The Institute of Medicine (IOM) has long advocated for improving the quality of health care and the nation’s health and has recognized the importance of a robust health information infrastructure in realizing that vision. A recent report acknowledged the impetus provided by the creation in 2004 of the Office of the National Coordinator for Health Information Technology (ONC) within the U.S. Department of Health and Human Services, and applauded the Department’s 10-year goal for creation of the National Health Information Infrastructure and the high priority given to the creation of standards.


This report responds to a request by ONC for IOM to convene a Committee of experts (the Committee) to review and comment on the pace and cohesion of the standards activities it coordinates.


The Committee is supportive of ONC and the attention and sense of urgency that it and the Secretary of Health and Human Services have brought to the national health information agenda, and concludes that ONC’s activities have helped advance this agenda in the 3 years since its establishment.


The Committee also concluded that the appropriate pace differs across the standards entities, activities, and processes coordinated by ONC and that the major issue for overall coordination is primarily one of relative pace, or sequencing.


The Committee saw several opportunities to improve coordination and clarity in critical areas. To improve the adoption and implementation of standards for health IT, it recommends that the National Coordinator for Health Information Technology should:

  • Develop the strategic plan required by the Executive Order that established the office, providing a roadmap with specific objectives, milestones, and metrics for the national health information technology (IT) agenda.

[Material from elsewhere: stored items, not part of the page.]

-- ===== src/Models/Integrity.antt =====
-- The active registry through reloads, changes, edits of the files and changes of the catalog.
use aca_bot.Prelude.{
  ℕ, ◌+◌, String, Bool, true, false, ◌&&◌, ◌||◌, not, Option, none, some, List, [], ◌∷◌, if-holds,
  if◌then◌else◌,
}
use aca_bot.Errors.{Result, ok, err, key_error}
use aca_bot.Models.Registry.{ModelProvider, ModelPreset, ModelBinding, ModelRegistry}
use aca_bot.Models.Targets.{
  ModelTarget, RuntimePluginModelSlot, replace_agent_targets, register_plugin_slots,
  unregister_plugin_targets,
}
use aca_bot.Models.Checks.{validate}
use aca_bot.Models.Requests.{ModelBindingState}
use aca_bot.Models.Manager.{
  of_error, FileChange, Disk, Manager, Report, ModelReloadSnapshot, ModelMutationResult, cached,
  activate, load_from_files, reload_now, reload, mutation_result, answered, finish_write,
  apply_candidate, state_in, reload_snapshot,
}
use aca_bot.Models.Changes.{
  upsert_provider, upsert_preset, upsert_binding, delete_provider, delete_preset, delete_binding,
  some_ids,
}
use aca_bot.Models.Impacts.{provider_impact, preset_impact}
use aca_bot.Models.Sound.{IsSound, validate-IsSound}

-- What may happen to a manager. The files may also be edited behind its back.
pub data Operation (V F : Type 0) : Type 0 where
  reload_now_op reload_op : (now : ℕ) → Operation V F
  upsert_provider_op : (now : ℕ) → ModelProvider V → Operation V F
  upsert_preset_op : (now : ℕ) → ModelPreset V → Operation V F
  upsert_binding_op : (now : ℕ) → ModelBinding → Operation V F
  delete_provider_op : (now : ℕ) → String → (force : Bool) → Operation V F
  delete_preset_op : (now : ℕ) → String → (force : Bool) → Operation V F
  delete_binding_op : (now : ℕ) → String → Operation V F
  edit_files_op : F → Operation V F
  replace_agent_targets_op : List ModelTarget → Operation V F
  register_plugin_slots_op : String → List RuntimePluginModelSlot → Operation V F
  unregister_plugin_targets_op : String → Operation V F

module _ {V F : Type 0} (disk : Disk V F) where
  unfoldable pub step : Operation V F → Manager V F → Manager V F
  unfolding reload_now reload upsert_provider upsert_preset upsert_binding delete_provider
      delete_preset delete_binding replace_agent_targets register_plugin_slots
      unregister_plugin_targets
  step (reload_now_op now) m = (reload_now disk now m).1
  step (reload_op now) m = (reload disk now m).1
  step (upsert_provider_op now p) m = (upsert_provider disk now p m).1
  step (upsert_preset_op now p) m = (upsert_preset disk now p m).1
  step (upsert_binding_op now b) m = (upsert_binding disk now b m).1
  step (delete_provider_op now i force) m = (delete_provider disk now i force m).1
  step (delete_preset_op now i force) m = (delete_preset disk now i force m).1
  step (delete_binding_op now i) m = (delete_binding disk now i m).1
  step (edit_files_op files) m = record m { files = files }
  step (replace_agent_targets_op targets) m = record m {
    target_catalog = (replace_agent_targets targets m.target_catalog).1;
  }
  step (register_plugin_slots_op plugin_id slots) m = record m {
    target_catalog = (register_plugin_slots plugin_id slots m.target_catalog).1;
  }
  step (unregister_plugin_targets_op plugin_id) m = record m {
    target_catalog = unregister_plugin_targets plugin_id m.target_catalog;
  }

  unfoldable pub run : List (Operation V F) → Manager V F → Manager V F
  unfolding step
  run [] m = m
  run (op ∷ ops) m = run ops (step op m)

abbrev pub Keeps : {V F : Type 0} → Manager V F → Type 0
Keeps m = IsSound m.active_registry

module _ {V F : Type 0} where
  activate-Keeps : (r : ModelRegistry V) (m : Manager V F) → Keeps m → Keeps (activate r m).1
  unfolding activate
  activate-Keeps r m h =
      if-holds (λ (x : ModelReloadSnapshot × Manager V F). Keeps x.1)
        (validate m.target_catalog r).0 (λ v. validate-IsSound m.target_catalog r v) (λ v. h)

  answered-Keeps :
      (report : Report) (x : ModelReloadSnapshot × Manager V F)
      → Keeps x.1
      → Keeps (answered report x).1
  unfolding answered
  answered-Keeps report (snapshot, m) h =
      go (state_in report.entity_type report.entity_id m.target_catalog m.active_registry)
    where
      go :
          (o : Option ModelBindingState)
          → Keeps {F = F}
              (elim o as (λ _. Result ModelMutationResult × Manager V F) [
                | none ↦ (err key_error, m)
                | some state ↦
                    (ok (mutation_result report snapshot.is_ok (of_error snapshot.error) state), m)
              ]).1
      go none = h
      go (some state) = h

module _ {V F : Type 0} (disk : Disk V F) (now : ℕ) where
  load_from_files-Keeps : (m : Manager V F) → Keeps m → Keeps (load_from_files disk now m).1
  unfolding load_from_files
  load_from_files-Keeps m h = go (disk.load m.files)
    where
      go :
          (loaded : Result (ModelRegistry V))
          → Keeps {F = F}
              (elim loaded as (λ _. ModelReloadSnapshot × Manager V F) [
                | ok r ↦ activate r (record m { cache_expiry = now + 5 })
                | err e ↦
                    (reload_snapshot (some e) m.active_registry, record m { last_error = some e })
              ]).1
      go (ok r) = activate-Keeps r (record m { cache_expiry = now + 5 }) h
      go (err e) = h

  reload_now-Keeps : (m : Manager V F) → Keeps m → Keeps (reload_now disk now m).1
  unfolding reload_now
  reload_now-Keeps m h = go (cached now m)
    where
      go :
          (o : Option (ModelRegistry V))
          → Keeps {F = F}
              (elim o as (λ _. ModelReloadSnapshot × Manager V F) [
                | some r ↦ activate r m
                | none ↦ load_from_files disk now m
              ]).1
      go (some r) = activate-Keeps r m h
      go none = load_from_files-Keeps m h

  reload-Keeps : (m : Manager V F) → Keeps m → Keeps (reload disk now m).1
  unfolding reload
  reload-Keeps m h = go (cached now m)
    where
      go :
          (o : Option (ModelRegistry V))
          → Keeps {F = F}
              (elim o as (λ _. ModelReloadSnapshot × Manager V F) [
                | some r ↦ (reload_snapshot none r, m)
                | none ↦ reload_now disk now m
              ]).1
      go (some r) = h
      go none = reload_now-Keeps m h

  finish_write-Keeps :
      (report : Report) (candidate : ModelRegistry V) (m : Manager V F) (x : Result (Unit {0}) × F)
      → Keeps m
      → Keeps (finish_write disk now report candidate m x).1
  unfolding finish_write
  finish_write-Keeps report candidate m (err e, files) h = h
  finish_write-Keeps report candidate m (ok done, files) h =
      let m' = record m { files = files; cache_registry = none; cache_expiry = 0 } in
      answered-Keeps report (reload disk now m') (reload-Keeps m' h)

  apply_candidate-Keeps :
      (report : Report) (mutator : ModelRegistry V → ModelRegistry V) (change : FileChange V)
      (m : Manager V F)
      → Keeps m
      → Keeps (apply_candidate disk now report mutator change m).1
  unfolding apply_candidate
  apply_candidate-Keeps report mutator change m h =
      let (valid, candidate) = validate m.target_catalog (mutator m.active_registry) in
      if-holds (λ (x : Result ModelMutationResult × Manager V F). Keeps x.1) valid
        (λ v. finish_write-Keeps report candidate m (disk.write change m.files) h) (λ v. h)

  refuse-Keeps :
      (refusal : Bool) (result : Result ModelMutationResult) (report : Report)
      (mutator : ModelRegistry V → ModelRegistry V) (change : FileChange V) (m : Manager V F)
      → Keeps m
      → Keeps (if refusal then (result, m) else apply_candidate disk now report mutator change m).1
  refuse-Keeps true result report mutator change m h = h
  refuse-Keeps false result report mutator change m h =
      apply_candidate-Keeps report mutator change m h

module _ {V F : Type 0} (disk : Disk V F) where
  step-Keeps : (op : Operation V F) (m : Manager V F) → Keeps m → Keeps (step disk op m)
  unfolding step upsert_provider upsert_preset upsert_binding delete_provider delete_preset
      delete_binding
  step-Keeps (reload_now_op now) m h = reload_now-Keeps disk now m h
  step-Keeps (reload_op now) m h = reload-Keeps disk now m h
  step-Keeps (upsert_provider_op now p) m h = apply_candidate-Keeps disk now _ _ _ m h
  step-Keeps (upsert_preset_op now p) m h = apply_candidate-Keeps disk now _ _ _ m h
  step-Keeps (upsert_binding_op now b) m h = apply_candidate-Keeps disk now _ _ _ m h
  step-Keeps (delete_provider_op now i force) m h =
      let impact = provider_impact m.active_registry i in
      refuse-Keeps disk now
        ((some_ids impact.preset_ids || some_ids impact.binding_ids) && not force) _ _ _ _ m h
  step-Keeps (delete_preset_op now i force) m h =
      let impact = preset_impact m.active_registry i in
      refuse-Keeps disk now (some_ids impact.binding_ids && not force) _ _ _ _ m h
  step-Keeps (delete_binding_op now i) m h = apply_candidate-Keeps disk now _ _ _ m h
  step-Keeps (edit_files_op files) m h = h
  step-Keeps (replace_agent_targets_op targets) m h = h
  step-Keeps (register_plugin_slots_op plugin_id slots) m h = h
  step-Keeps (unregister_plugin_targets_op plugin_id) m h = h

  -- Whatever is done to a manager, edits of its files and changes of the catalog included, a sound
  -- active registry stays sound: every key is the id, each preset's provider and each binding's
  -- presets are there, and no two bindings have one target.
  pub run-IsSound :
      (ops : List (Operation V F)) (m : Manager V F)
      → IsSound m.active_registry
      → IsSound (run disk ops m).active_registry
  unfolding run
  run-IsSound [] m h = h
  run-IsSound (op ∷ ops) m h = run-IsSound ops (step disk op m) (step-Keeps op m h)
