-- ===== src/Models/Raised.antt =====
-- The deletion of a binding, up to its answer.
use aca_bot.Prelude.{
  ℕ, ◌+◌, String, ◌≡◌, refl, sym, ap, ap₂, ◌∙◌, subst, Bool, true, none, some, [], ◌∷◌, lookup,
  if-holds, remove,
}
use aca_bot.Errors.{Result, ok, err, key_error}
use aca_bot.Models.Registry.{ModelRegistry}
use aca_bot.Models.Targets.{MutableModelTargetCatalog}
use aca_bot.Models.Checks.{validate, validate_providers}
use aca_bot.Models.Impacts.{ModelEntityType, binding_impact, binding_entity}
use aca_bot.Models.Manager.{
  FileChange, delete_files, Disk, Manager, Report, ModelReloadSnapshot, ModelMutationResult,
  reload_snapshot, activate, load_from_files, answered, finish_write, apply_candidate, state_in,
  delete_action,
}
use aca_bot.Models.Changes.{delete_binding, make_report, present}
use aca_bot.Models.Answered.{written, reload-written}

-- The answer is an error, and the registry that was loaded is active.
pub IsRaised : {V F : Type 0} → ModelRegistry V → Result ModelMutationResult × Manager V F → Type 0
IsRaised active (result, after) = (result ≡ err key_error) × (after.active_registry ≡ active)

module _ {V F : Type 0} (disk : Disk V F) (now : ℕ) where
  activate-valid :
      (loaded : ModelRegistry V) (m : Manager V F)
      → (validate m.target_catalog loaded).0 ≡ true
      → activate loaded m ≡ (
        reload_snapshot none (validate m.target_catalog loaded).1,
        record m {
          active_registry = (validate m.target_catalog loaded).1;
          cache_registry = some (validate m.target_catalog loaded).1;
          last_error = none;
        },
      )
  unfolding activate
  activate-valid loaded m v = rw (v, activate) refl

  load_from_files-loaded :
      (loaded : ModelRegistry V) (m : Manager V F)
      → disk.load m.files ≡ ok loaded
      → load_from_files disk now m ≡ activate loaded (record m { cache_expiry = now + 5 })
  unfolding load_from_files
  load_from_files-loaded loaded m l = rw (l, load_from_files) refl

  validate-bindings_same :
      (catalog : MutableModelTargetCatalog) (r : ModelRegistry V)
      → (validate catalog r).1.bindings ≡ r.bindings
  unfolding validate
  validate-bindings_same catalog r =
      if-holds (λ (x : Bool × ModelRegistry V). x.1.bindings ≡ r.bindings)
        (validate_providers r.providers) (λ p. refl) (λ p. refl)

  answered-missing :
      (report : Report) (snapshot : ModelReloadSnapshot) (m : Manager V F)
      → state_in report.entity_type report.entity_id m.target_catalog m.active_registry ≡ none
      → answered report (snapshot, m) ≡ (err key_error, m)
  unfolding answered
  answered-missing report snapshot m e = rw (e, answered) refl

  state_in-missing :
      (i : String) (catalog : MutableModelTargetCatalog) (r : ModelRegistry V)
      → lookup i r.bindings ≡ none
      → state_in binding_entity i catalog r ≡ none
  unfolding state_in
  state_in-missing i catalog r e = rw (e, state_in) refl

  apply_candidate-written :
      (report : Report) (mutator : ModelRegistry V → ModelRegistry V) (change : FileChange V)
      (m : Manager V F) (files : F)
      → (validate m.target_catalog (mutator m.active_registry)).0 ≡ true
      → disk.write change m.files ≡ (ok tt, files)
      → apply_candidate disk now report mutator change m
        ≡ answered report (load_from_files disk now (written disk change m files))
  unfolding apply_candidate finish_write written
  apply_candidate-written report mutator change m files v w =
      rw (v, w, apply_candidate, finish_write)
        (ap (answered report) (reload-written disk now change m files))

  answered-IsRaised :
      (report : Report) (loaded : ModelRegistry V) (m : Manager V F) (i : String)
      → report.entity_type ≡ binding_entity
      → report.entity_id ≡ i
      → disk.load m.files ≡ ok loaded
      → (validate m.target_catalog loaded).0 ≡ true
      → lookup i loaded.bindings ≡ none
      → IsRaised (validate m.target_catalog loaded).1 (answered report (load_from_files disk now m))
  unfolding IsRaised
  answered-IsRaised report loaded m i t k l v e =
      let checked = (validate m.target_catalog loaded).1 in
      let after : Manager V F = record m {
        active_registry = checked;
        cache_registry = some checked;
        cache_expiry = now + 5;
        last_error = none;
      } in
      let gone : lookup i checked.bindings ≡ none =
        ap (lookup i) (validate-bindings_same m.target_catalog loaded) ∙ e in
      let state : state_in report.entity_type report.entity_id m.target_catalog checked ≡ none =
        ap₂ (λ (a : ModelEntityType) (b : String). state_in a b m.target_catalog checked) t k
        ∙ state_in-missing i m.target_catalog checked gone in
      let answer : answered report (load_from_files disk now m) ≡ (err key_error, after) =
        ap (answered report) (
          load_from_files-loaded loaded m l
          ∙ activate-valid loaded (record m { cache_expiry = now + 5 }) v)
        ∙ answered-missing report (reload_snapshot none checked) after state in
      subst (IsRaised checked) (sym answer) (refl, refl)

  -- A deletion of a binding that works, with files that pass the check and no longer have the
  -- binding, makes them the active registry and then raises a KeyError.
  pub delete_binding-IsRaised :
      (i : String) (m : Manager V F) (files : F) (loaded : ModelRegistry V)
      → (validate m.target_catalog
          (record m.active_registry { bindings = remove i m.active_registry.bindings })).0
        ≡ true
      → disk.write (delete_files [] [] (i ∷ [])) m.files ≡ (ok tt, files)
      → disk.load files ≡ ok loaded
      → (validate m.target_catalog loaded).0 ≡ true
      → lookup i loaded.bindings ≡ none
      → IsRaised (validate m.target_catalog loaded).1 (delete_binding disk now i m)
  unfolding delete_binding written
  delete_binding-IsRaised i m files loaded c w l v e =
      let report =
        make_report delete_action binding_entity i (binding_impact m.active_registry i) [] []
          (present i m.active_registry.bindings) in
      let change : FileChange V = delete_files [] [] (i ∷ []) in
      let mutator : ModelRegistry V → ModelRegistry V =
        λ r. record r { bindings = remove i r.bindings } in
      subst (IsRaised (validate m.target_catalog loaded).1)
        (sym (apply_candidate-written report mutator change m files c w))
        (answered-IsRaised report loaded (written disk change m files) i refl refl l v e)
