-- ===== src/Models/Resolved.antt =====
-- The requests of the bindings of a registry that passes the check.
use aca_bot.Prelude.{
  ◌<◌, ltb→lt, String, ◌≡◌, refl, sym, ap, ap₂, subst, Bool, true, false, Option, some, List, [],
  ◌∷◌, map, Dict, lookup, str_eq, eq_iff, is_some, leb, length, All, arith, Option-cases, if-holds,
  inl, inr,
}
use aca_bot.Errors.{Result, ok, err, value_error}
use aca_bot.Models.Registry.{ℤ, ModelPreset, ModelBinding, ModelRegistry}
use aca_bot.Models.Targets.{ModelTarget, MutableModelTargetCatalog, get_target}
use aca_bot.Models.Checks.{
  serves, validate_preset_ids, allows_count, validate_binding, validate_providers,
  validate_bindings, validate, binding_for,
}
use aca_bot.Models.Requests.{
  RuntimeModelRequest, resolved, preset_ids_state, binding_state, make_request,
  request_from_preset_id, resolved_requests, request_from_binding, resolve_binding,
  resolve_target_request,
}
use aca_bot.Models.Sound.{IsPresetSound, IsSound, validate-IsSound}

lookup-All :
    {A : Type 0} (P : String × A → Type 0) (m : Dict A) (k : String) (v : A)
    → All P m
    → lookup k m ≡ some v
    → P (k, v)
unfolding lookup
lookup-All P [] k v h e = absurd (ground arith)
lookup-All {A} P ((j, w) ∷ m) k v h e =
    if-holds (λ (o : Option A). o ≡ some v → P (k, v)) (str_eq j k)
      (λ q f. subst P (ap₂ (λ (i : String) (x : A). (i, x)) ((eq_iff j k).0 q) (ground arith)) h.0)
      (λ q f. lookup-All P m k v h.1 f) e

binding_for-All :
    (P : ModelBinding → Type 0) (t : String) (m : Dict ModelBinding) (b : ModelBinding)
    → All (λ (e : String × ModelBinding). P e.1) m
    → binding_for t m ≡ some b
    → P b
unfolding binding_for
binding_for-All P t [] b h e = absurd (ground arith)
binding_for-All P t ((k, c) ∷ m) b h e =
    if-holds (λ (o : Option ModelBinding). o ≡ some b → P b) (str_eq c.target_id t)
      (λ q f. subst P (ground arith) h.0) (λ q f. binding_for-All P t m b h.1 f) e

module _ {V : Type 0} where
  validate_bindings-each :
      (catalog : MutableModelTargetCatalog) (presets : Dict (ModelPreset V)) (seen : List String)
      (m : Dict ModelBinding)
      → validate_bindings catalog presets seen m ≡ true
      → All (λ (e : String × ModelBinding). validate_binding catalog presets e.1 ≡ true) m
  unfolding validate_bindings
  validate_bindings-each catalog presets seen [] h = tt
  validate_bindings-each catalog presets seen ((k, b) ∷ m) h =
      (ground arith, validate_bindings-each catalog presets (b.target_id ∷ seen) m (ground arith))

  preset_ids_state-resolved :
      (r : ModelRegistry V) (target : ModelTarget) (ids : List String)
      → IsSound r
      → validate_preset_ids r.presets (some target) ids ≡ true
      → preset_ids_state r target ids ≡ resolved
  unfolding preset_ids_state validate_preset_ids
  preset_ids_state-resolved r target [] s h = refl
  preset_ids_state-resolved r target (i ∷ ids) s h = elim (Option-cases (lookup i r.presets)) [
    | inl e ↦ absurd (ground arith)
    | inr (p, e) ↦
        let known : is_some (lookup p.provider_id r.providers) ≡ true =
          (lookup-All (IsPresetSound r.providers) r.presets i p s.sound_presets e).1 in
        let served : serves target p ≡ true = ground arith in
        rw (e, served, known, preset_ids_state)
          ((preset_ids_state-resolved r target ids s (ground arith)))
  ]

  validate_binding-resolved :
      (catalog : MutableModelTargetCatalog) (r : ModelRegistry V) (b : ModelBinding)
      (target : ModelTarget)
      → IsSound r
      → get_target catalog b.target_id ≡ some target
      → validate_binding catalog r.presets b ≡ true
      → binding_state catalog r b ≡ resolved
  unfolding binding_state validate_binding
  validate_binding-resolved catalog r b target s e h =
      let ids : validate_preset_ids r.presets (some target) b.preset_ids ≡ true =
        subst (λ (o : Option ModelTarget). validate_preset_ids r.presets o b.preset_ids ≡ true) e
          (ground arith) in
      let count : allows_count (some target) b.preset_ids ≡ true =
        subst (λ (o : Option ModelTarget). allows_count o b.preset_ids ≡ true) e (ground arith) in
      let named : leb (length b.preset_ids) 0 ≡ false = ground arith in
      rw (e, named, count, binding_state) ((preset_ids_state-resolved r target b.preset_ids s ids))

  validate-bindings :
      (catalog : MutableModelTargetCatalog) (r : ModelRegistry V)
      → (validate catalog r).0 ≡ true
      → validate_bindings catalog (validate catalog r).1.presets [] (validate catalog r).1.bindings
        ≡ true
  unfolding validate
  validate-bindings catalog r =
      if-holds
        (λ (x : Bool × ModelRegistry V).
          x.0 ≡ true → validate_bindings catalog x.1.presets [] x.1.bindings ≡ true)
        (validate_providers r.providers) (λ p v. ground arith) (λ p v. absurd (ground arith))

  validate_binding-named :
      (catalog : MutableModelTargetCatalog) (presets : Dict (ModelPreset V)) (b : ModelBinding)
      → validate_binding catalog presets b ≡ true
      → 0 < length b.preset_ids
  unfolding validate_binding
  validate_binding-named catalog presets b h = ltb→lt 0 (length b.preset_ids) (ground arith)

  -- The loop over the presets of a binding that is resolved.
  binding_state-ids :
      (catalog : MutableModelTargetCatalog) (r : ModelRegistry V) (b : ModelBinding)
      (target : ModelTarget)
      → IsSound r
      → get_target catalog b.target_id ≡ some target
      → validate_binding catalog r.presets b ≡ true
      → preset_ids_state r target b.preset_ids ≡ resolved
  unfolding validate_binding
  binding_state-ids catalog r b target s e h = preset_ids_state-resolved r target b.preset_ids s (
      subst (λ (o : Option ModelTarget). validate_preset_ids r.presets o b.preset_ids ≡ true) e
        (ground arith))

module _ {V : Type 0} (number : ℤ → V) (r : ModelRegistry V) (s : IsSound r) where
  abbrev preset_id_of : RuntimeModelRequest V → String
  preset_id_of request = request.preset_id

  -- A preset whose provider is there has a request with its id.
  resolved_requests-ids :
      (target : ModelTarget) (b : ModelBinding) (ids : List String)
      → preset_ids_state r target ids ≡ resolved
      → map preset_id_of (resolved_requests number r b ids) ≡ ids
  unfolding resolved_requests preset_ids_state request_from_preset_id make_request
  resolved_requests-ids target b [] h = refl
  resolved_requests-ids target b (i ∷ ids) h = elim (Option-cases (lookup i r.presets)) [
    | inl e ↦ absurd (ground arith)
    | inr (p, e) ↦
        let sound : IsPresetSound r.providers (i, p) =
          lookup-All (IsPresetSound r.providers) r.presets i p s.sound_presets e in
        elim (Option-cases (lookup p.provider_id r.providers)) [
          | inl q ↦ absurd (ground arith)
          | inr (provider, q) ↦
              rw (e, q, resolved_requests, request_from_preset_id)
                ((ap₂ (λ (x : String) (xs : List String). x ∷ xs) (sym sound.0)
                  (resolved_requests-ids target b ids (ground arith))))
        ]
  ]

module _ {V : Type 0} (number : ℤ → V) (catalog : MutableModelTargetCatalog) where
  abbrev Chain : Type 0
  Chain = RuntimeModelRequest V × List (RuntimeModelRequest V)

  -- The answer is a chain of one request for each of the presets, in their order.
  pub IsChain : List String → Result (Option Chain) → Type 0
  IsChain ids answer =
      (first : RuntimeModelRequest V) × (rest : List (RuntimeModelRequest V)) × (answer
        ≡ ok (some (first, rest)))
      × (map (λ (request : RuntimeModelRequest V). request.preset_id) (first ∷ rest) ≡ ids)

  request_from_binding-chain :
      (r : ModelRegistry V) (b : ModelBinding)
      → 0 < length b.preset_ids
      → map
          (λ (request : RuntimeModelRequest V). request.preset_id)
          (resolved_requests number r b b.preset_ids)
        ≡ b.preset_ids
      → (first : RuntimeModelRequest V) × (rest : List (RuntimeModelRequest V))
        × (request_from_binding number r b ≡ ok (first, rest))
        × (map (λ (request : RuntimeModelRequest V). request.preset_id) (first ∷ rest)
            ≡ b.preset_ids)
  unfolding request_from_binding
  request_from_binding-chain r b n h = go (resolved_requests number r b b.preset_ids) h
    where
      go :
          (l : List (RuntimeModelRequest V))
          → map (λ (request : RuntimeModelRequest V). request.preset_id) l ≡ b.preset_ids
          → (first : RuntimeModelRequest V) × (rest : List (RuntimeModelRequest V)) × ((elim l
                as (λ _. Result Chain) [ [] ↦ err value_error | x ∷ xs ↦ ok (x, xs) ])
              ≡ ok (first, rest))
            × (map (λ (request : RuntimeModelRequest V). request.preset_id) (first ∷ rest)
                ≡ b.preset_ids)
      go [] e =
          absurd (
            let q : 0 ≡ length b.preset_ids = ap (λ (xs : List String). length xs) e in omega arith)
      go (first ∷ rest) e = (first, rest, refl, e)

  resolve_binding-resolved :
      (r : ModelRegistry V) (b : ModelBinding) (chain : Chain)
      → binding_state catalog r b ≡ resolved
      → request_from_binding number r b ≡ ok chain
      → resolve_binding number catalog r b ≡ ok (some chain)
  unfolding resolve_binding
  resolve_binding-resolved r b chain state q = rw (state, q, resolve_binding) refl

  resolve_target_request-binding :
      (r : ModelRegistry V) (target_id : String) (b : ModelBinding)
      → binding_for target_id r.bindings ≡ some b
      → resolve_target_request number catalog r target_id ≡ resolve_binding number catalog r b
  unfolding resolve_target_request
  resolve_target_request-binding r target_id b e = rw (e, resolve_target_request) refl

  resolve_binding-IsChain :
      (r : ModelRegistry V) (b : ModelBinding) (target : ModelTarget)
      → IsSound r
      → get_target catalog b.target_id ≡ some target
      → validate_binding catalog r.presets b ≡ true
      → IsChain b.preset_ids (resolve_binding number catalog r b)
  unfolding IsChain
  resolve_binding-IsChain r b target s e h =
      let state = validate_binding-resolved catalog r b target s e h in
      let (first, rest, q, ids) =
        request_from_binding-chain r b (validate_binding-named catalog r.presets b h) (
          resolved_requests-ids number r s target b b.preset_ids
            (binding_state-ids catalog r b target s e h)) in
      (first, rest, resolve_binding-resolved r b (first, rest) state q, ids)

  -- In a registry that passes the check the binding of a registered target resolves: to a request
  -- for its first preset, with a fallback for each of the others, in their order.
  pub validate-resolve_target_request :
      (r : ModelRegistry V) (target_id : String) (b : ModelBinding) (target : ModelTarget)
      → (validate catalog r).0 ≡ true
      → binding_for target_id (validate catalog r).1.bindings ≡ some b
      → get_target catalog b.target_id ≡ some target
      → IsChain b.preset_ids
          (resolve_target_request number catalog (validate catalog r).1 target_id)
  validate-resolve_target_request r target_id b target v found e =
      let checked = (validate catalog r).1 in
      subst (IsChain b.preset_ids) (sym (resolve_target_request-binding checked target_id b found))
        (resolve_binding-IsChain checked b target (validate-IsSound catalog r v) e (
          binding_for-All (λ c. validate_binding catalog checked.presets c ≡ true) target_id
            checked.bindings b
            (validate_bindings-each catalog checked.presets [] checked.bindings
              (validate-bindings catalog r v))
            found))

  • Clarify and improve the Office of the National Coordinator’s processes for advancing the national health IT agenda—specifically, processes for decision making, workflow, coordination, and feedback.

The Committee cannot predict what the impact of the transformation of the American Health Information Community (AHIC)—a critical element of the national health IT enterprise—will be on the ability of the Coordinator to develop and implement a strategic plan. Accordingly, it would be appropriate for the Secretary of Health and Human Services to consider the AHIC transformation in light of this.

Suggested Citation:"Letter Report." Institute of Medicine and National Research Council. 2007. Opportunities for Coordination and Clarity to Advance the National Health Information Agenda: A Brief Assessment of the Office of the National Coordinator for Health Information Technology: A Letter Report. Washington, DC: The National Academies Press. doi: 10.17226/12048.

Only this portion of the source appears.